Monorepos are an organisational decision, not a technical one
You do not adopt Nx because it is cool. You adopt it when the pain of coordinating shared libraries across separate repos outweighs the simplicity of isolation. The tooling is good, but the real win is making team boundaries explicit through code structure.
Infrastructure-as-Code is a contract
When I write a CDK stack, I am not just provisioning resources. I am writing a contract: this is what the system looks like, reproducibly, forever. Drift from that contract is technical debt with real operational consequences. Treat it like application code — review it, test it, version it.
The best architecture decisions happen in boring meetings
Not in design docs or ADRs (though those matter). The real decisions happen in a 30-minute Slack call where someone says ‘should we really add another service for this?’ and the team actually stops to think. Slow down those conversations. They are cheaper than the refactor later.
Running 200 TPS on Lambda for an hour and learning humility
We load-tested our middleware at 200 transactions per second for a full hour. Lambda held. But the SQS queue depth graph looked like a heartbeat monitor, and I spent three hours convinced we had a bug. It was just auto-scaling warming up. Observability without context is noise.
Converting SOAP to JSON at the government’s pace
Legacy government systems speak SOAP. Modern microservices speak JSON. Building the translator layer in between — with WAF, private API Gateway, and Route 53 inbound resolvers — was the most unglamorous, most impactful work I have ever done.
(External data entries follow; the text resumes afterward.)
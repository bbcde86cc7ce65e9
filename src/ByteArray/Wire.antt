-- ===== src/ByteArray/Wire.antt =====
-- src/bytearray.cpp: the bytes that a number becomes in the array, whatever machine writes it.
use mathlib.Core.List.{reverse-reverse, reverse-cons}
use native.Mathlib.Nat.{pow-suc}
use tigerkin.Prelude.{
  ℕ, zero, suc, ◌/◌, ◌^◌, ◌<◌, ◌≡◌, sym, ap, ◌∙◌, ◌⊎◌, List, [], ◌∷◌, reverse, refl, inl, inr, ◌==◌,
  if◌then◌else◌, arith, length, All, All-append,
}
use tigerkin.Prelude.Bytes.{
  to_bytes, of_bytes, length-to_bytes, of_bytes-to_bytes, to_bytes-of_bytes, length-reverse,
}
use tigerkin.ByteArray.{ByteArray, little_endian, big_endian}
use tigerkin.ByteArray.Ints.{byteswap, image, value, ordered}

to_bytes-AreBytes : (k v : ℕ) → All (λ x. x < 256) (to_bytes k v)
to_bytes-AreBytes zero v = tt
to_bytes-AreBytes (suc k) v = (omega arith, to_bytes-AreBytes k (v / 256))

reverse-AreBytes : (xs : List ℕ) → All (λ x. x < 256) xs → All (λ x. x < 256) (reverse xs)
reverse-AreBytes [] h = tt
reverse-AreBytes (x ∷ xs) h =
    rw (reverse-cons x xs)
      (All-append (λ x. x < 256) (reverse xs) (x ∷ []) (reverse-AreBytes xs h.1) (h.0, tt))

of_bytes-lt : (xs : List ℕ) → All (λ x. x < 256) xs → of_bytes xs < 256 ^ length xs
of_bytes-lt [] h = omega arith
of_bytes-lt (x ∷ xs) h = omega (arith, h.0, of_bytes-lt xs h.1, pow-suc 256 (length xs))

-- A swap gives back the reversed bytes, and a second one the number.
to_bytes-byteswap : (k v : ℕ) → to_bytes k (byteswap k v) ≡ reverse (to_bytes k v)
unfolding byteswap
to_bytes-byteswap k v =
    let bs = reverse (to_bytes k v) in
    let len : length bs ≡ k = length-reverse (to_bytes k v) ∙ length-to_bytes k v in
    ap (λ n. to_bytes n (of_bytes bs)) (sym len)
    ∙ to_bytes-of_bytes bs (reverse-AreBytes (to_bytes k v) (to_bytes-AreBytes k v))

pub byteswap-byteswap : (k v : ℕ) → v < 256 ^ k → byteswap k (byteswap k v) ≡ v
unfolding byteswap
byteswap-byteswap k v h =
    ap (λ bs. of_bytes (reverse bs)) (to_bytes-byteswap k v)
    ∙ ap of_bytes (reverse-reverse (to_bytes k v))
    ∙ of_bytes-to_bytes k v h

pub byteswap-lt : (k v : ℕ) → byteswap k v < 256 ^ k
unfolding byteswap
byteswap-lt k v =
    let len : length (reverse (to_bytes k v)) ≡ k =
      length-reverse (to_bytes k v) ∙ length-to_bytes k v in
    rw len at (
      of_bytes-lt (reverse (to_bytes k v))
        (reverse-AreBytes (to_bytes k v) (to_bytes-AreBytes k v)))

module _ (host : ℕ) where
  pub length-image : (k v : ℕ) → length (image host k v) ≡ k
  unfolding image
  length-image k v = ground (arith, length-to_bytes k v, length-reverse (to_bytes k v))

  pub value-image : (k v : ℕ) → v < 256 ^ k → value host (image host k v) ≡ v
  unfolding image value
  value-image k v h = ground (arith, reverse-reverse (to_bytes k v), of_bytes-to_bytes k v)

  pub ordered-ordered :
      (k v : ℕ) (b c : ByteArray)
      → c.endian ≡ b.endian
      → v < 256 ^ k
      → ordered host k (ordered host k v b) c ≡ v
  unfolding ordered
  ordered-ordered k v b c e h = rw e (ground (arith, byteswap-byteswap k v))

  pub ordered-lt : (k v : ℕ) (b : ByteArray) → v < 256 ^ k → ordered host k v b < 256 ^ k
  unfolding ordered
  ordered-lt k v b h = ground (arith, byteswap-lt k v)

  -- A little-endian array stores a number lowest byte first, on little-endian and on big-endian
  -- machines.
  image-little :
      (k v : ℕ) (b : ByteArray)
      → (host ≡ little_endian) ⊎ (host ≡ big_endian)
      → b.endian ≡ little_endian
      → image host k (ordered host k v b) ≡ to_bytes k v
  unfolding image ordered
  image-little k v b hs e = ground (arith, to_bytes-byteswap k v, reverse-reverse (to_bytes k v))

  -- A big-endian array stores a number highest byte first, on little-endian and on big-endian
  -- machines.
  image-big :
      (k v : ℕ) (b : ByteArray)
      → (host ≡ little_endian) ⊎ (host ≡ big_endian)
      → b.endian ≡ big_endian
      → image host k (ordered host k v b) ≡ reverse (to_bytes k v)
  unfolding image ordered
  image-big k v b hs e = ground (arith, to_bytes-byteswap k v)

  -- An array that is little-endian stores a number lowest byte first, and one that is big-endian
  -- highest byte first, on little-endian and on big-endian machines.
  pub image-ordered :
      (k v : ℕ) (b : ByteArray)
      → (host ≡ little_endian) ⊎ (host ≡ big_endian)
      → (b.endian ≡ little_endian) ⊎ (b.endian ≡ big_endian)
      → image host k (ordered host k v b)
        ≡ (if b.endian == little_endian then to_bytes k v else reverse (to_bytes k v))
  image-ordered k v b hs (inl e) = image-little k v b hs e ∙ rw e refl
  image-ordered k v b hs (inr e) = image-big k v b hs e ∙ rw e refl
Nobody sees the middleware until it breaks.
What DLQs taught me about trust
The first time a dead-letter queue caught a batch of 3,000 failed messages in production, I felt sick. Then I realised: this is the system working. The DLQ is proof that we planned for failure. Reliability is not the absence of errors — it is knowing where they go.
Playwright + Python: bridging two worlds
Writing E2E tests for a TypeScript frontend using Python felt wrong at first. But the QA team owned Python, and the goal was automation, not purity. Two weeks in, we had 60% regression coverage on critical flows. Pragmatism beats elegance when deadlines are real.
The Teams webhook that became the most important endpoint
We built a Lambda that posts CloudWatch alarm summaries to a Teams channel. Took half a day. It became the first thing the on-call engineer checks in the morning. Sometimes the highest-ROI engineering is a webhook and a well-formatted message.
At what scale does serverless stop being the right answer?
I keep telling teams that serverless is good for bursty, unpredictable workloads. But where is the real inflection point? At 10,000 RPS? At sustained constant load? I have heard very different answers from very credible people and I still do not have mine.
How do you actually measure ‘code quality’?
Code coverage? Cyclomatic complexity? Pull request review time? I have used all of these. None of them capture the thing I actually care about: can a new engineer understand and safely modify this code in six months? I am still looking for a metric that gets close.